Museum of Fine Arts, St. Petersburg, Florida

“Whistler, Hassam and the Etching Revival.” Late nineteenth-century artists embaced etching as a more creative medium than engraving, which was most associated with reproductions of paintings. Works by Anders Zorn, Joseph Pennell and James Ensor are also included. April 17–August 15, 2010.
 

Museum of the Bible in Art, New York City

“The Glory of Ukraine,” icons from the oldest monastery in Ukraine, showing their stylistic influences, including Western Renaissance and Baroque elements, along with liturgical objects. June 18–September 12, 2010.
 

National Gallery of Art, Washington, D.C.

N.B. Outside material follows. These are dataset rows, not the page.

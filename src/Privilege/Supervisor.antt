-- ===== src/Privilege/Supervisor.antt =====
-- sandbox/csr_supervisor_level.c, and `sfence_vma_callback` of translate_privileged_instr.c.
use hyrule.Prelude.{ℕ, ◌+◌, ◌*◌, ◌/◌, ◌%◌, ◌^◌, bit_or, none, some}
use hyrule.Privilege.{PrivilegedHart}
use hyrule.Privilege.Tlb.{invalidate_tlb}
use hyrule.Privilege.Trap.{flushed}
use hyrule.Privilege.Csr.{CsrEntry, wpri_mask_all, blob_entry, write_blob, bit_at}

abbrev pub scounteren_csr_entry : CsrEntry
scounteren_csr_entry = blob_entry 0x106 wpri_mask_all

abbrev pub sfence_vma_callback : PrivilegedHart → PrivilegedHart
sfence_vma_callback h =
    flushed (record h {
      itlb = invalidate_tlb h.itlb h.itlb_cap;
      dtlb = invalidate_tlb h.dtlb h.dtlb_cap;
    })

-- What follows the store is what `sfence_vma_callback` does.
unfoldable pub csr_satp_write : PrivilegedHart → ℕ → PrivilegedHart
csr_satp_write h value = sfence_vma_callback (write_blob 0x180 h value)

abbrev pub satp_csr_entry : CsrEntry
satp_csr_entry = record (blob_entry 0x180 wpri_mask_all) { write = some csr_satp_write }

-- A bit field of one bit, and the blob with the field set.
abbrev pub field_at : ℕ → ℕ → ℕ
field_at k dword = dword / 2 ^ k % 2

abbrev pub with_field : ℕ → ℕ → ℕ → ℕ
with_field k bit dword = dword / 2 ^ (k + 1) * 2 ^ (k + 1) + bit * 2 ^ k + dword % 2 ^ k

unfoldable pub csr_sie_write : PrivilegedHart → ℕ → PrivilegedHart
csr_sie_write h value = record h {
  ienable =
      with_field 9 (bit_at 9 value)
        (with_field 5 (bit_at 5 value) (with_field 1 (bit_at 1 value) h.ienable));
}

unfoldable pub csr_sie_read : PrivilegedHart → ℕ
csr_sie_read h =
    let e = h.ienable in
    let low = bit_or (bit_or 0 (field_at 0 e * 2 ^ 0)) (field_at 1 e * 2 ^ 1) in
    let middle = bit_or (bit_or low (field_at 4 e * 2 ^ 4)) (field_at 5 e * 2 ^ 5) in
    bit_or (bit_or middle (field_at 8 e * 2 ^ 8)) (field_at 9 e * 2 ^ 9)

abbrev pub sie_csr_entry : CsrEntry
sie_csr_entry = record {
  wpri_mask = 0x00000222;
  write = some csr_sie_write;
  read = some (λ h. (h, csr_sie_read h));
  reset = none;
}

unfoldable pub csr_sip_write : PrivilegedHart → ℕ → PrivilegedHart
csr_sip_write h value = record h { ipending = with_field 1 (bit_at 1 value) h.ipending }

unfoldable pub csr_sip_read : PrivilegedHart → ℕ
csr_sip_read h =
    let p = h.ipending in
    bit_or (bit_or (bit_or 0 (field_at 1 p * 2 ^ 1)) (field_at 5 p * 2 ^ 5)) (field_at 9 p * 2 ^ 9)

abbrev pub sip_csr_entry : CsrEntry
sip_csr_entry = record {
  wpri_mask = 0x00000222;
  write = some csr_sip_write;
  read = some (λ h. (h, csr_sip_read h));
  reset = none;
}

unfoldable pub csr_sstatus_write : PrivilegedHart → ℕ → PrivilegedHart
csr_sstatus_write h value = record h {
  status = record (h.status) {
    uie = bit_at 0 value;
    sie = bit_at 1 value;
    upie = bit_at 4 value;
    spie = bit_at 5 value;
    spp = bit_at 8 value;
  };
}

unfoldable pub csr_sstatus_read : PrivilegedHart → ℕ
csr_sstatus_read h =
    let s = h.status in
    let low = bit_or (bit_or 0 (s.uie * 2 ^ 0)) (s.sie * 2 ^ 1) in
    bit_or (bit_or (bit_or low (s.upie * 2 ^ 4)) (s.spie * 2 ^ 5)) (s.spp * 2 ^ 8)

abbrev pub sstatus_csr_entry : CsrEntry
sstatus_csr_entry = record {
  wpri_mask = 0x00000133;
  write = some csr_sstatus_write;
  read = some (λ h. (h, csr_sstatus_read h));
  reset = none;
}

abbrev pub stvec_csr_entry : CsrEntry
stvec_csr_entry = blob_entry 0x105 wpri_mask_all

abbrev pub sscratch_csr_entry : CsrEntry
sscratch_csr_entry = blob_entry 0x140 wpri_mask_all

abbrev pub sepc_csr_entry : CsrEntry
sepc_csr_entry = blob_entry 0x141 wpri_mask_all

abbrev pub stval_csr_entry : CsrEntry
stval_csr_entry = blob_entry 0x143 wpri_mask_all

abbrev pub scause_csr_entry : CsrEntry
scause_csr_entry = blob_entry 0x142 wpri_mask_all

“Hendrick Avercamp: The Little Ice Age,” fifteen paintings and twenty drawings by the Dutch artist (1585–1634), scenes, mixing landscape and genre, of skating and sleigh rides on frozen canals. March 21–July 5, 2010.
 
“German Master Drawings from the Wolfgang Ratjen Collection, 1580–1900.” Baroque, Rococo, Romantic and Realist works acquired by a collector with strong personal tastes, including sheets by Elsheimer, designs for Bavarian church ceilings, architectural watercolors by Schinkel, spirited drawings by Menzel and Friedrich’s landscape New Moon above the Riesengebirge (1810). May 16–November 28, 2010.
 

Naples Museum of Art, Naples, Florida

“Associated American Artists: Art by Subscription.” Seventy prints made during the Great Depression by artists such as Thomas Hart Benton, Grant Wood and Reginald Marsh. May 9–June 30, 2010.
 

New Britain Museum of Art, New Britain, Connecticut

“The Great American Watercolor,” with work by Winslow Homer, Walton Ford and John Singer Sargent, among others. April 24–July 3, 2010.
 

Orlando Museum of Art, Orlando, Florida

“Transcending Vision: American Impressionism 1870–1940,” with 125 works, by Childe Hassam, Ernest Lawson and George Bellows, among others. April 10–July 18, 2010.
 

Pennsylvania Academy of the Fine Arts, Philadelphia

“Virgins, Soldiers, Angels and Saints: Violet Oakley’s Religious Art from the PAFA Collection,” celebrating the acquisition of The Wise and Foolish Virgins, stained-glass lancet windows by Oakley (1874–1961), and Saint Cornelius and the Angel, by Tiffany Studios. April 12– July 11, 2010.
 

Portland Museum of Art, Portland, Maine

“Winslow Homer and the Poetics of Space,” with twenty works, considering the formal qualities of a painter sometimes prized as a chronicler of Americana. June 5–September 6, 2010.
 

Sheldon Museum of Art, Lincoln, Nebraska

“Voyage to Italia: Americans in Italy in the Nineteenth Century,” examining the influence of Italy’s ateliers, monuments and landscapes, with works by Thomas Crawford, Frank Duvenek, Edward Lear (expanding the scope to some British artists) and the pioneer photographer William Fox Talbot. May 7– September 5, 2010.
 

Sterling and Francine Clark Art Institute, Williamstown, Massachusetts

“Picasso Looks at Degas,” pairings and groups of works exploring the modernist’s debt to the most classical of the Impressionists. June 13–September 12, 2010.
 

The Drawing Center, New York City

“Dorothea Tanning: Early Designs for the Stage,” twenty costume designs, created in collaboration with George Balanchine for ballets from his avant-garde picturesque phase. Tanning played an important role in the international Surrealist movement, and her delicately disturbing drawings are intriguing works in their own right. April 23– July 23, 2010.
 

Virginia Museum of Fine Arts, Richmond, Virginia

“American Art from the McGlothlin Collection,” seventy works from an important promised gift, include paintings by Bellows, Cassatt, Chase, Hassam, Homer, Sargent and Whistler, among others. May 1– July 18, 2010.
 
“Tiffany: Color and Light,” an important show of 180 objects from collections in North America, Europe and Russia, including eight newly restored windows. May 29–August 15, 2010.
 

Yale Center for British Art, New Haven, Connecticut

“Seeing Double: Portraits, Copies and Exhibitions in 1820s London,” a close examination of John Scarlett Davis’s Interior of the British Institution (1829), illuminating the taste and installation style of the period. June 24–September 19, 2010.